[Directions] Reproduce the records below exactly, with nothing altered.

*** Material for this task Section Begins ***

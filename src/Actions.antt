-- ===== src/Actions.antt =====
-- internal/actionresolver: what becomes of an action that the model proposes.
pub mod Types
pub mod Catalogs
pub mod Codecs
pub mod Judge
pub mod Resolve
pub mod Slots
pub mod Grounded
pub mod Grouping
pub mod Clean
pub mod Supplied
pub mod Ready
pub mod OnlyValues
pub mod Intake
pub mod Preview
mod Examples
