-- ===== src/Prelude/Lists.antt =====
-- Lists measured and cut by native numbers, under the library's names, and a predicate that
-- holds of every element.
use Prim.Native.Nat.{ℕ, zero, suc}
use mathlib.Core.Logic.{◌≢◌, ◌⊎◌, inl, inr}
use mathlib.Core.List.{List, [], ◌∷◌, ◌++◌}

module _ {ℓ} {A : Type ℓ} where
  abbrev pub length : List A → ℕ
  length [] = 0
  length (x ∷ xs) = suc (length xs)

  abbrev pub take : ℕ → List A → List A
  take zero xs = []
  take (suc n) [] = []
  take (suc n) (x ∷ xs) = x ∷ take n xs

  abbrev pub drop : ℕ → List A → List A
  drop zero xs = xs
  drop (suc n) [] = []
  drop (suc n) (x ∷ xs) = drop n xs

module _ {ℓ κ} {A : Type ℓ} where
  abbrev pub All : (A → Type κ) → List A → Type κ
  All P [] = Unit
  All P (x ∷ xs) = P x × All P xs

  -- Some element has the property.
  pub data Has (P : A → Type κ) : List A → Type (ℓ ⊔ κ) where
    here : {x : A} {xs : List A} → P x → Has P (x ∷ xs)
    there : {x : A} {xs : List A} → Has P xs → Has P (x ∷ xs)

module _ {ℓ κ} {A : Type ℓ} {P : A → Type κ} where
  pub Has-nil : Has P [] → ⊥
  Has-nil h = elim h [ ]

  pub Has-cons : {x : A} {xs : List A} → Has P (x ∷ xs) → P x ⊎ Has P xs
  Has-cons (here p) = inl p
  Has-cons (there h) = inr h

pub All-map {ℓ κ μ} :
    {A : Type ℓ} (P : A → Type κ) (Q : A → Type μ) (f : (x : A) → P x → Q x) (xs : List A)
    → All P xs
    → All Q xs
All-map P Q f [] ps = tt
All-map P Q f (x ∷ xs) ps = (f x ps.0, All-map P Q f xs ps.1)

pub All-snoc {ℓ κ} :
    {A : Type ℓ} (P : A → Type κ) (xs : List A) (x : A) → All P xs → P x → All P (xs ++ x ∷ [])
All-snoc P [] x ps p = (p, tt)
All-snoc P (y ∷ ys) x ps p = (ps.0, All-snoc P ys x ps.1 p)

pub All-take {ℓ κ} :
    {A : Type ℓ} (P : A → Type κ) (n : ℕ) (xs : List A) → All P xs → All P (take n xs)
All-take P zero xs ps = tt
All-take P (suc n) [] ps = tt
All-take P (suc n) (x ∷ xs) ps = (ps.0, All-take P n xs ps.1)

pub All-drop {ℓ κ} :
    {A : Type ℓ} (P : A → Type κ) (n : ℕ) (xs : List A) → All P xs → All P (drop n xs)
All-drop P zero xs ps = ps
All-drop P (suc n) [] ps = tt
All-drop P (suc n) (x ∷ xs) ps = All-drop P n xs ps.1

-- What each element gives, some element gives.
pub All-Has {ℓ κ μ} :
    {A : Type ℓ} {B : Type κ} (Q : B → A → Type μ) (xs : List A)
    → All (λ x. (b : B) → Q b x → Has (Q b) xs) xs
All-Has Q [] = tt
All-Has Q (x ∷ xs) = (
  λ b q. here q,
  All-map (λ y. (b : _) → Q b y → Has (Q b) xs) (λ y. (b : _) → Q b y → Has (Q b) (x ∷ xs))
      (λ y f b q. there (f b q)) xs (All-Has Q xs),
)

-- Two lists of one length whose elements are related one by one.
pub data Pointwise {ℓ κ μ} {A : Type ℓ} {B : Type κ} (R : A → B → Type μ)
    : List A → List B → Type (ℓ ⊔ κ ⊔ μ) where
  nil : Pointwise R [] []
  cons :
      {x : A} {y : B} {xs : List A} {ys : List B}
      → R x y
      → Pointwise R xs ys
      → Pointwise R (x ∷ xs) (y ∷ ys)

pub All-diagonal {ℓ κ μ} :
    {A : Type ℓ} {B : Type κ} (Q : B → A → Type μ) (f : A → B) (xs : List A)
    → ((b : B) → All (Q b) xs)
    → All (λ x. Q (f x) x) xs
All-diagonal Q f [] h = tt
All-diagonal Q f (x ∷ xs) h = ((h (f x)).0, All-diagonal Q f xs (λ b. (h b).1))

pub append-ne-nil {ℓ} : {A : Type ℓ} (xs : List A) (x : A) → xs ++ x ∷ [] ≢ []
append-ne-nil [] x h = cc
append-ne-nil (y ∷ ys) x h = cc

*** Material for this task Section Ends ***

[Answer to this task]
filename src/Actions.antt
-- ===== src/Actions.antt =====
-- internal/actionresolver: what becomes of an action that the model proposes.
pub mod Types
pub mod Catalogs
pub mod Codecs
pub mod Judge
pub mod Resolve
pub mod Slots
pub mod Grounded
pub mod Grouping
pub mod Clean
pub mod Supplied
pub mod Ready
pub mod OnlyValues
pub mod Intake
pub mod Preview
mod Examples
-- ===== src/Prelude/Lists.antt =====
-- Lists measured and cut by native numbers, under the library's names, and a predicate that
-- holds of every element.
use Prim.Native.Nat.{ℕ, zero, suc}
use mathlib.Core.Logic.{◌≢◌, ◌⊎◌, inl, inr}
use mathlib.Core.List.{List, [], ◌∷◌, ◌++◌}

module _ {ℓ} {A : Type ℓ} where
  abbrev pub length : List A → ℕ
  length [] = 0
  length (x ∷ xs) = suc (length xs)

  abbrev pub take : ℕ → List A → List A
  take zero xs = []
  take (suc n) [] = []
  take (suc n) (x ∷ xs) = x ∷ take n xs

  abbrev pub drop : ℕ → List A → List A
  drop zero xs = xs
  drop (suc n) [] = []
  drop (suc n) (x ∷ xs) = drop n xs

module _ {ℓ κ} {A : Type ℓ} where
  abbrev pub All : (A → Type κ) → List A → Type κ
  All P [] = Unit
  All P (x ∷ xs) = P x × All P xs

  -- Some element has the property.
  pub data Has (P : A → Type κ) : List A → Type (ℓ ⊔ κ) where
    here : {x : A} {xs : List A} → P x → Has P (x ∷ xs)
    there : {x : A} {xs : List A} → Has P xs → Has P (x ∷ xs)

module _ {ℓ κ} {A : Type ℓ} {P : A → Type κ} where
  pub Has-nil : Has P [] → ⊥
  Has-nil h = elim h [ ]

  pub Has-cons : {x : A} {xs : List A} → Has P (x ∷ xs) → P x ⊎ Has P xs
  Has-cons (here p) = inl p
  Has-cons (there h) = inr h

pub All-map {ℓ κ μ} :
    {A : Type ℓ} (P : A → Type κ) (Q : A → Type μ) (f : (x : A) → P x → Q x) (xs : List A)
    → All P xs
    → All Q xs
All-map P Q f [] ps = tt
All-map P Q f (x ∷ xs) ps = (f x ps.0, All-map P Q f xs ps.1)

pub All-snoc {ℓ κ} :
    {A : Type ℓ} (P : A → Type κ) (xs : List A) (x : A) → All P xs → P x → All P (xs ++ x ∷ [])
All-snoc P [] x ps p = (p, tt)
All-snoc P (y ∷ ys) x ps p = (ps.0, All-snoc P ys x ps.1 p)

pub All-take {ℓ κ} :
    {A : Type ℓ} (P : A → Type κ) (n : ℕ) (xs : List A) → All P xs → All P (take n xs)
All-take P zero xs ps = tt
All-take P (suc n) [] ps = tt
All-take P (suc n) (x ∷ xs) ps = (ps.0, All-take P n xs ps.1)

pub All-drop {ℓ κ} :
    {A : Type ℓ} (P : A → Type κ) (n : ℕ) (xs : List A) → All P xs → All P (drop n xs)
All-drop P zero xs ps = ps
All-drop P (suc n) [] ps = tt
All-drop P (suc n) (x ∷ xs) ps = All-drop P n xs ps.1

-- What each element gives, some element gives.
pub All-Has {ℓ κ μ} :
    {A : Type ℓ} {B : Type κ} (Q : B → A → Type μ) (xs : List A)
    → All (λ x. (b : B) → Q b x → Has (Q b) xs) xs
All-Has Q [] = tt
All-Has Q (x ∷ xs) = (
  λ b q. here q,
  All-map (λ y. (b : _) → Q b y → Has (Q b) xs) (λ y. (b : _) → Q b y → Has (Q b) (x ∷ xs))
      (λ y f b q. there (f b q)) xs (All-Has Q xs),
)

-- Two lists of one length whose elements are related one by one.
pub data Pointwise {ℓ κ μ} {A : Type ℓ} {B : Type κ} (R : A → B → Type μ)
    : List A → List B → Type (ℓ ⊔ κ ⊔ μ) where
  nil : Pointwise R [] []
  cons :
      {x : A} {y : B} {xs : List A} {ys : List B}
      → R x y
      → Pointwise R xs ys
      → Pointwise R (x ∷ xs) (y ∷ ys)

pub All-diagonal {ℓ κ μ} :
    {A : Type ℓ} {B : Type κ} (Q : B → A → Type μ) (f : A → B) (xs : List A)
    → ((b : B) → All (Q b) xs)
    → All (λ x. Q (f x) x) xs
All-diagonal Q f [] h = tt
All-diagonal Q f (x ∷ xs) h = ((h (f x)).0, All-diagonal Q f xs (λ b. (h b).1))

pub append-ne-nil {ℓ} : {A : Type ℓ} (xs : List A) (x : A) → xs ++ x ∷ [] ≢ []
append-ne-nil [] x h = cc
append-ne-nil (y ∷ ys) x h = cc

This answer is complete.